Joblessness refers to the share of the labour force that is without work but available for and seeking employment. In Cambodia, the unemployment rate in 2021 was 0.61 percent, which was a 0.28 percent increase from 2020 when it was 0.33 percent. The unemployment rate for 2019, the pre-Covid year, was 0.15 percent, and in 2018, it was 0.14 percent.

Among all member states of the Association of Southeast Asian Nations (ASEAN), Cambodia can claim to have the most benign unemployment rate. It is due to the government policy to focus on sustained economic growth and the creation of job opportunities for the youth joining the labour force every year.
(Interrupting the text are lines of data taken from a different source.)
-- ===== src/Modbus/OperationProcessor/Tests.antt =====
-- Runs of the processor over small property trees, and instances of its theorems.
use fiware_io_tagent_cpluspl.Common.{
  ℕ, Bytes, codes, bytes_key, str_eq, str_eq_self, false, Option, none, some, List, [], ◌∷◌, ◌≡◌,
  refl, is_empty, if◌then◌else◌,
}
use fiware_io_tagent_cpluspl.Common.Int.{pos, negsuc}
use fiware_io_tagent_cpluspl.Common.Map.{find, insert}
use fiware_io_tagent_cpluspl.Modbus.OperationProcessor.{
  Ptree, ModbusOperationProcessor, new_processor, get_base_address, read, read_each, read_config,
  read_operation, add_labels, labels_of, at,
}
use fiware_io_tagent_cpluspl.Modbus.OperationProcessor.Commands.{
  add_command_as_operation, read_commands, read_each_command, read_command, add_parameters,
  parameters_of, read_parameters, add_operation, read_operations,
}
use fiware_io_tagent_cpluspl.Modbus.OperationProcessor.Access.{
  get_mapped_parameters, get_protocol_commands, add_protocol_commands, protocol_command,
}
use fiware_io_tagent_cpluspl.Modbus.OperationProcessor.Calls.{
  Call, run, file_read, operation_asked, address_asked,
}
use fiware_io_tagent_cpluspl.Modbus.OperationProcessor.Ordered.{
  IsAscending, first_base, run-IsAscending,
}
use fiware_io_tagent_cpluspl.Modbus.OperationProcessor.Kept.{Describes, run-Describes}
use fiware_io_tagent_cpluspl.Modbus.OperationProcessor.Agreement.{
  IsPutGet, Agrees, add_command_as_operation-Agrees,
}

-- Fields before a value.
data Json : Type 0 where
  leaf : Bytes → Json
  field : Bytes → Json → Json → Json

abbrev child_of : Bytes → Json → Option Json
child_of k (leaf text) = none
child_of k (field j t rest) = if str_eq k j then some t else child_of k rest

abbrev children_of : Json → List Json
children_of (leaf text) = []
children_of (field j t rest) = t ∷ children_of rest

abbrev text_of : Json → Bytes
text_of (leaf text) = text
text_of (field j t rest) = []

abbrev text_at : Bytes → Json → Option Bytes
text_at k t = elim (child_of k t) [ none ↦ none | some u ↦ some (text_of u) ]

abbrev first_code : Option Bytes → Option ℕ
first_code none = none
first_code (some []) = none
first_code (some (c ∷ text)) = some c

abbrev parameter : Bytes → Bytes → Json
parameter address name =
    field (codes "address") (leaf address) (field (codes "name") (leaf name) (leaf []))

abbrev sample : Json
sample =
    field (codes "operations")
      (field []
        (field (codes "operation") (leaf (codes "ask")) (
          field (codes "positions")
            (field []
              (field (codes "name") (leaf (codes "t"))
                (field (codes "factor") (leaf (codes "0.01")) (leaf [])))
              (leaf []))
            (leaf [])))
        (leaf []))
      (field (codes "commands")
        (field []
          (field (codes "name") (leaf (codes "set")) (
            field (codes "parameters")
              (field [] (parameter (codes "9") (codes "b"))
                (field [] (parameter (codes "2") (codes "a")) (leaf [])))
              (leaf [])))
          (leaf []))
        (leaf []))

abbrev json : Ptree Json Bytes
json = record {
  empty = leaf [];
  read_json = λ text. if is_empty text then none else some sample;
  get_child = child_of;
  children = children_of;
  data_of = text_of;
  get = text_at;
  get_float = text_at;
  get_int = λ k t. elim (first_code (text_at k t)) [ none ↦ none | some n ↦ some (pos n) ];
  get_unsigned_short = λ k t. first_code (text_at k t);
  put = λ k v t. field k (leaf v) t;
  int_text = λ n. elim n [ pos a ↦ a ∷ [] | negsuc a ↦ 45 ∷ a ∷ [] ];
  one = codes "1";
}

text_at-put : (k v : Bytes) (t : Json) → text_at k (field k (leaf v) t) ≡ some v
text_at-put k v t = rw (str_eq_self k, text_at) refl

text_at-put_other :
    (k j v : Bytes) (t : Json) → str_eq k j ≡ false → text_at k (field j (leaf v) t) ≡ text_at k t
text_at-put_other k j v t h = rw (h, text_at) refl

json-IsPutGet : IsPutGet json
json-IsPutGet = record {
  get_put = λ k v t plain. text_at-put k v t;
  get_put_other = λ k j v t plain plain_too h. text_at-put_other k j v t h;
}

abbrev calls : List Call
calls =
    operation_asked (codes "set") ∷ file_read (some (codes "{}")) ∷ address_asked (codes "x") ∷ []

abbrev after_reading : ModbusOperationProcessor Json Bytes
after_reading = (read_operations json (some (codes "{}")) (new_processor json)).0

-- The parameters stand in another order in the file.
parameters_of_sample :
    (get_mapped_parameters json (codes "set") after_reading).0
    ≡ record {
      base_address = pos 50;
      num_positions = 1;
      name = codes "a";
      type_name = codes "numeric";
    }
      ∷ record {
        base_address = pos 57;
        num_positions = 1;
        name = codes "b";
        type_name = codes "numeric";
      }
      ∷ []
unfolding read_operations read read_each read_config read_operation add_labels labels_of
    read_commands read_each_command read_command add_parameters parameters_of read_parameters
    add_command_as_operation add_operation get_mapped_parameters get_base_address at find insert
    str_eq
parameters_of_sample = refl

protocol_commands_of_sample :
    get_protocol_commands json after_reading
    ≡ codes "{\"commands\":[{\"name\": \"set\", \"type\": \"command\", \"value\": \"\"}]}"
unfolding read_operations read read_each read_config read_operation add_labels labels_of
    read_commands read_each_command read_command add_parameters parameters_of read_parameters
    add_command_as_operation add_operation get_protocol_commands get_base_address at find insert
    str_eq add_protocol_commands protocol_command
protocol_commands_of_sample = refl

run-IsAscending_example :
    IsAscending json
      (get_mapped_parameters json (codes "set") (run json calls (new_processor json))).0
    × ((get_base_address json (codes "set") (run json calls (new_processor json))).0
        ≡ first_base json
            (get_mapped_parameters json (codes "set") (run json calls (new_processor json))).0)
run-IsAscending_example = run-IsAscending json calls (codes "set")

abbrev two_parameters : ModbusOperationProcessor Json Bytes
two_parameters = record {
  operations = [];
  position_map = [];
  commands = (codes "set", leaf []) ∷ [];
  ordered_parameters_map =
      (
        codes "set",
        (
          pos 2,
          record {
            base_address = pos 2;
            num_positions = 1;
            name = codes "a";
            type_name = codes "numeric";
          },
        )
            ∷ (
              pos 9,
              record {
                base_address = pos 9;
                num_positions = 1;
                name = codes "b";
                type_name = codes "numeric";
              },
            )
            ∷ [],
      )
      ∷ [];
  config = leaf [];
}

add_command_as_operation-Agrees_example :
    Agrees json
      (codes "set")
      (pos 2)
      (find (codes "set") (add_command_as_operation json (codes "set") two_parameters).operations)
      (find (codes "set") (add_command_as_operation json (codes "set") two_parameters).position_map)
unfolding find str_eq
add_command_as_operation-Agrees_example =
    add_command_as_operation-Agrees json json-IsPutGet (codes "set") two_parameters (leaf [])
      (pos 2) _ _ refl refl refl refl

abbrev described : ModbusOperationProcessor Json Bytes
described = record {
  operations = (codes "ask", leaf (codes "kept")) ∷ [];
  position_map = (codes "ask", []) ∷ [];
  commands = (codes "ask", leaf []) ∷ [];
  ordered_parameters_map = [];
  config = leaf [];
}

described-Describes : Describes json (codes "ask") (leaf (codes "kept")) (leaf []) [] described
unfolding find str_eq
described-Describes = (refl, (refl, refl))

run-Describes_example :
    Describes json (codes "ask") (leaf (codes "kept")) (leaf []) [] (run json calls described)
run-Describes_example =
    run-Describes json (codes "ask") (leaf (codes "kept")) (leaf []) [] calls described
      described-Describes
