-- ===== src/Conversation/Types.antt =====
-- The values that the conversation and session oracles share.
use lean_s.Prelude.{ℕ, Bool, true, false, Option, List, [], ◌∷◌, ◌==◌, if◌then◌else◌}
use lean_s.Bytes.{Bytes}

-- the object {db_number, start, count}
pub record MemoryRange : Type 0 where
  pub db_number : ℕ
  pub start : ℕ
  pub count : ℕ

-- the object {range, item_index, chunk_byte_offset}; `item_index` may be null
pub record Location : Type 0 where
  pub range : MemoryRange
  pub item_index : Option ℕ
  pub chunk_byte_offset : ℕ

pub data Lifecycle : Type 0 where
  connected disconnected closed : Lifecycle

-- KINDS
pub data ErrorKind : Type 0 where
  invalid_input protocol plc_rejected timeout dropped lifecycle transport other : ErrorKind

-- The outcome of an attempted write: `failure` carries the code that the PLC returned.
pub data Outcome : Type 0 where
  pending replayed_unknown global_rejected success : Outcome
  failure : ℕ → Outcome

-- {"location": location, "outcome": outcome}
pub record Attempt : Type 0 where
  pub location : Location
  pub outcome : Outcome

-- the attempts of several locations that end alike
unfoldable pub settle : Outcome → List Location → List Attempt
settle outcome [] = []
settle outcome (l ∷ ls) = record { location = l; outcome = outcome } ∷ settle outcome ls

-- kind in ("timeout", "disconnected", "transport")
unfoldable pub retryable : ErrorKind → Bool
retryable timeout = true
retryable dropped = true
retryable transport = true
retryable _ = false

-- "success" if code == 255 else f"failure:{code}"
unfoldable pub code_outcome : ℕ → Outcome
code_outcome code = if code == 255 then success else failure code

-- The attempts of the pending locations and their codes, which are as many.
unfoldable pub settle_codes : List Location → Bytes → List Attempt
settle_codes (l ∷ ls) (code ∷ codes) =
    record { location = l; outcome = code_outcome code } ∷ settle_codes ls codes
settle_codes [] codes = []
settle_codes ls codes = []
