-- ===== src/Conversation/Wire.antt =====
-- The wire encoder: `address`, `packet`, `payload` and `request`.
use lean_s.Prelude.{
  ℕ, zero, suc, ◌+◌, ◌*◌, ◌%◌, Bool, true, not, ◌&&◌, ◌||◌, Option, none, some, List, [], ◌∷◌, ◌++◌,
  ltb, ◌==◌, if◌then◌else◌, length,
}
use lean_s.Error.{Result, ok, struct_error, ◌>>=◌, ◌>>◌, raise_if}
use lean_s.Bytes.{Bytes, pack_word, to_bytes_3}
use lean_s.Conversation.Types.{MemoryRange}

-- struct.pack(">HHB", count, db_number, 0x84) behind the item prefix, then the bit address
unfoldable pub address : MemoryRange → Result Bytes
address r = do
  count ← pack_word r.count
  db_number ← pack_word r.db_number
  bits ← to_bytes_3 (r.start * 8)
  ok (0x12 ∷ 0x0a ∷ 0x10 ∷ 0x02 ∷ (count ++ (db_number ++ (0x84 ∷ bits))))

-- b"".join(map(address, ranges))
unfoldable pub addresses : List MemoryRange → Result Bytes
addresses [] = ok []
addresses (r ∷ rs) = do head ← address r; tail ← addresses rs; ok (head ++ tail)

-- struct.pack(">BBHHHH", 0x32, kind, 0, reference, …); `B` refuses a kind that is no octet
unfoldable pub packet : ℕ → ℕ → Bytes → Bytes → Result Bytes
packet kind reference parameters payload = do
  raise_if (not (ltb kind 256)) struct_error
  reference_word ← pack_word reference
  parameter_size ← pack_word (length parameters)
  data_size ← pack_word (length payload)
  let error = if kind == 3 then 0 ∷ 0 ∷ [] else []
  ok (
      0x32
      ∷ kind
      ∷ 0
      ∷ 0
      ∷ (reference_word ++ (parameter_size ++ (data_size ++ (error ++ (parameters ++ payload))))))

unfoldable pub payload_from : ℕ → ℕ → ℕ → Bytes
payload_from start index zero = []
payload_from start index (suc n) = (start * 7 + index * 29) % 256 ∷ payload_from start (index + 1) n

-- the octets that the histories write: a function of the range alone
unfoldable pub payload : MemoryRange → Bytes
unfolding payload_from
payload r = payload_from r.start 0 r.count

-- The data section of a write: a header and the content of each item, with one octet of padding
-- behind every odd content but the last.
unfoldable pub write_data : List MemoryRange → Result Bytes
write_data [] = ok []
write_data (r ∷ rs) = do
  let content = payload r
  size ← pack_word (length content * 8)
  let last = length rs == 0
  let padding = if not last && length content % 2 == 1 then 0 ∷ [] else []
  rest ← write_data rs
  ok (0 ∷ 4 ∷ (size ++ (content ++ (padding ++ rest))))

unfoldable pub valid_range : Bool → MemoryRange → Bool
valid_range write r =
    not (r.count == 0 || ltb 0x200000 (r.start + r.count) || (write && ltb 65535 (r.count * 8)))

unfoldable pub valid_ranges : Bool → List MemoryRange → Bool
valid_ranges write [] = true
valid_ranges write (r ∷ rs) = valid_range write r && valid_ranges write rs

-- `none` for a request that cannot be encoded, an error where Python would raise
unfoldable pub request : ℕ → List MemoryRange → Bool → Result (Option Bytes)
request reference ranges write =
    if length ranges == 0 || ltb 20 (length ranges)
    then ok none
    else if not (valid_ranges write ranges)
    then ok none
    else do
      items ← addresses ranges
      let parameters = (if write then 5 else 4) ∷ length ranges ∷ items
      content ← (if write then write_data ranges else ok [])
      if ltb 65535 (length content)
          then ok none
          else do pdu ← packet 1 reference parameters content; ok (some pdu)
Cambodia is one of the least developing countries that have consistently created jobs for people in various sectors, including production, domestic trade and export along with the government’s efforts in building international, bilateral and multilateral relations with different partners both regionally and globally.
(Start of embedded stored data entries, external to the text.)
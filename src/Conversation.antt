-- ===== src/Conversation.antt =====
-- integration/conversation_conformance.py: the oracle for primitive conversation histories.
pub mod Types
pub mod Wire
pub mod Input
pub mod History
pub mod Trace
pub use Types.{MemoryRange, Location}
unfoldable pub use Wire.{
  address, addresses, packet, payload_from, payload, write_data, valid_range, valid_ranges, request,
}
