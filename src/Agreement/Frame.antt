-- ===== src/Agreement/Frame.antt =====
-- The octets of a PDU as one expression, with the range errors of `packet` discharged.
use lean_s.Prelude.{ℕ, ◌<◌, ◌≡◌, refl, [], ◌∷◌, ◌++◌, ◌==◌, lt→ltb, if◌then◌else◌, length}
use lean_s.Error.{ok}
use lean_s.Bytes.{Bytes, word}
use lean_s.Conversation.{packet}

-- the error class and code of an acknowledgement
abbrev pub error_field : ℕ → Bytes
error_field kind = if kind == 3 then 0 ∷ 0 ∷ [] else []

abbrev pub frame : ℕ → ℕ → Bytes → Bytes → Bytes
frame kind reference parameters content =
    0x32
    ∷ kind
    ∷ 0
    ∷ 0
    ∷ (word reference
        ++ (word (length parameters)
            ++ (word (length content) ++ (error_field kind ++ (parameters ++ content)))))

pub packet-eq-frame :
    (kind reference : ℕ) (parameters content : Bytes)
    → kind < 256
    → reference < 65536
    → length parameters < 65536
    → length content < 65536
    → packet kind reference parameters content ≡ ok (frame kind reference parameters content)
unfolding packet
packet-eq-frame kind reference parameters content hk hr hp hc =
    rw (lt→ltb _ _ hk) (rw (lt→ltb _ _ hr) (rw (lt→ltb _ _ hp) (rw (lt→ltb _ _ hc) refl)))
According to the ASEAN Information Center, while Lao People’s Democratic Republic is in second place with a projected unemployment rate of one percent, Myanmar is expected to be at 1.79 percent, Singapore (2.2 percent), Vietnam (2.46 percent), Malaysia (3.9 percent), Philippines (5.8 percent), Indonesia (5.83 percent) and Brunei (8.4 percent).
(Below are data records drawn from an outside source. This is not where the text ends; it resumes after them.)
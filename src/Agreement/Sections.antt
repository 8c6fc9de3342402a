-- ===== src/Agreement/Sections.antt =====
-- `sections` of the sequence oracle reads what `packet` of the conversation oracle writes.
use lean_s.Prelude.{
  ℕ, ◌<◌, ◌≡◌, refl, true, false, ◌∷◌, ◌++◌, ◌==◌, length, Bool-cases, inl, inr, arith,
  length-append, ==_refl,
}
use lean_s.Error.{ok, ◌>>=◌}
use lean_s.Bytes.{Bytes, word}
use lean_s.Bytes.Laws.{slice-section, drop-section, word_parts}
use lean_s.Conversation.{packet}
use lean_s.Sequence.Sections.{sections}
use lean_s.Agreement.Frame.{frame, packet-eq-frame}

-- A header before the sections: its first ten octets, and the two more of an acknowledgement.
abbrev headed : ℕ → ℕ → ℕ → ℕ → Bytes → Bytes
headed kind reference m n rest =
    0x32 ∷ kind ∷ 0 ∷ 0 ∷ (word reference ++ (word m ++ (word n ++ rest)))

sections-ack :
    (kind reference : ℕ) (p c : Bytes)
    → kind == 3 ≡ true
    → sections (headed kind reference (length p) (length c) (0 ∷ 0 ∷ (p ++ c))) kind reference
      ≡ ok (p, c)
unfolding sections
sections-ack kind reference p c ack =
    let whole = headed kind reference (length p) (length c) (0 ∷ 0 ∷ (p ++ c)) in
    rw ack (
      simp
        (
          length-append,
          word_parts,
          ==_refl,
          slice-section 12 whole p c refl,
          drop-section 12 whole p c refl,
        )
        (ground arith))

sections-other :
    (kind reference : ℕ) (p c : Bytes)
    → kind == 3 ≡ false
    → sections (headed kind reference (length p) (length c) (p ++ c)) kind reference ≡ ok (p, c)
unfolding sections
sections-other kind reference p c other =
    let whole = headed kind reference (length p) (length c) (p ++ c) in
    rw other (
      simp
        (
          length-append,
          word_parts,
          ==_refl,
          slice-section 10 whole p c refl,
          drop-section 10 whole p c refl,
        )
        (ground arith))

pub sections-frame :
    (kind reference : ℕ) (parameters content : Bytes)
    → sections (frame kind reference parameters content) kind reference ≡ ok (parameters, content)
sections-frame kind reference parameters content = elim (Bool-cases (kind == 3)) [
  | inl ack ↦ rw ack (sections-ack kind reference parameters content ack)
  | inr other ↦ rw other (sections-other kind reference parameters content other)
]

-- `sections` reads back the sections of every PDU that `packet` builds, and `packet` builds one
-- for every kind that is an octet, 16-bit reference and sections of fewer than 65536 octets.
pub sections-packet :
    (kind reference : ℕ) (parameters content : Bytes)
    → kind < 256
    → reference < 65536
    → length parameters < 65536
    → length content < 65536
    → (packet kind reference parameters content >>= λ pdu. sections pdu kind reference)
      ≡ ok (parameters, content)
sections-packet kind reference parameters content hk hr hp hc =
    rw (packet-eq-frame kind reference parameters content hk hr hp hc)
      (sections-frame kind reference parameters content)
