-- ===== src/Operation/Userdata.antt =====
-- `decode_userdata` of integration/operation_conformance.py: a reply that must be complete.
use Prim.Native.Nat.{bit_or}
use lean_s.Prelude.{ℕ, ◌+◌, not, ◌||◌, [], ◌∷◌, ltb, ◌==◌, if◌then◌else◌, length, take, drop, slice}
use lean_s.Bytes.{Bytes, equal, byte_at, word_at}

pub data Category : Type 0 where
  pdu_validation incomplete_single_response : Category

pub data Decoded : Type 0 where
  accept : Bytes → Decoded
  reject : Category → Decoded

unfoldable pub decode_userdata : Bytes → ℕ → ℕ → ℕ → Decoded
decode_userdata pdu reference group subfunction =
    let parameter_size = word_at pdu 6 in
    let data_size = word_at pdu 8 in
    let parameters = slice 10 22 pdu in
    let payload = drop 22 pdu in
    if ltb (length pdu) 10 || not (equal (take 2 pdu) (0x32 ∷ 7 ∷ []))
    then reject pdu_validation
    else if not (word_at pdu 4 == reference)
        || not (parameter_size == 12)
        || not (length pdu == 10 + parameter_size + data_size)
    then reject pdu_validation
    else if not (equal (take 5 parameters) (0 ∷ 1 ∷ 0x12 ∷ 8 ∷ 0x12 ∷ []))
        || not (byte_at parameters 5 == bit_or 0x80 group)
        || not (byte_at parameters 6 == subfunction)
        || not (byte_at parameters 9 == 0 || byte_at parameters 9 == 1)
        || not (equal (drop 10 parameters) (0 ∷ 0 ∷ []))
        || ltb (length payload) 4
        || not (byte_at payload 0 == 255)
        || not (length payload == 4 + word_at payload 2)
    then reject pdu_validation
    else if not (byte_at parameters 9 == 0)
    then reject incomplete_single_response
    else accept (drop 4 payload)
“The relations are consistent with regional and global economic integration policy of our country and so we are not lonely. That’s why we have been opening door widely to do trade with the rest of the world, resulting in revenue generated from export and trade,” said Hong Vannak, an economic analyst at the Royal Academy of Cambodia, while recently talking to one of the reporters of Khmer Times.

Cambodia generated more than $2.2 billion of revenue from its international trade within the first five months of this year, a year-on-year increase of 20 percent. It indicates that domestic production has improved, driven by rising labour.

Cambodia has been attractive for both local and foreign investors who have injected their money into many sectors, including agriculture, industry, construction and tourism. Every foreign dollar invested, contributes to the growth of the economy, and creates job opportunities. Regular flow of foreign direct investment in Cambodia and ASEAN economies only vouch for the strength, growth possibilities and attractiveness of these economies.

According to the ASEAN Investment Report 2022 Pandemic Recovery and Investment Facilitation, this grouping of South East Asian nations recorded a robust rebound in foreign direct investment inflows, surging by 42 percent to reach $174 billion in 2021. This increase to near pre-pandemic levels reverses the decline in 2020 caused by the Covid-19 outbreak and reflects the attractiveness of the region’s economy for global investors. With a large market and strong regional integration, ASEAN remains a major FDI destination in the developing world – second only to China – and will play an important role in driving global economic recovery.

Says Dato Lim Jock Hoi, Secretary-General of ASEAN, Intra-ASEAN foreign direct investment, which continues to be an important source of FDI as well as the establishment of production networks in the region, has been increasingly driven by emerging opportunities in sectors such as electric vehicles, electronics, digital economy and green technologies.

“This means that our people have a lot of jobs in production and commodities for export,” Vannak said, adding that as a developing country, Cambodia has been attractive for both local and foreign investors who have injected their money into many sectors including agriculture, industry, construction and tourism.

“Rising investment means creating jobs for people,” said Vannak. Cambodia has good geography and potential sectors, especially agriculture and household businesses that can help generate extra income. Also, the free trade agreements (FTAs) are also contributing to job creation, Vannak, an economic analyst at the Royal Academy of Cambodia, added.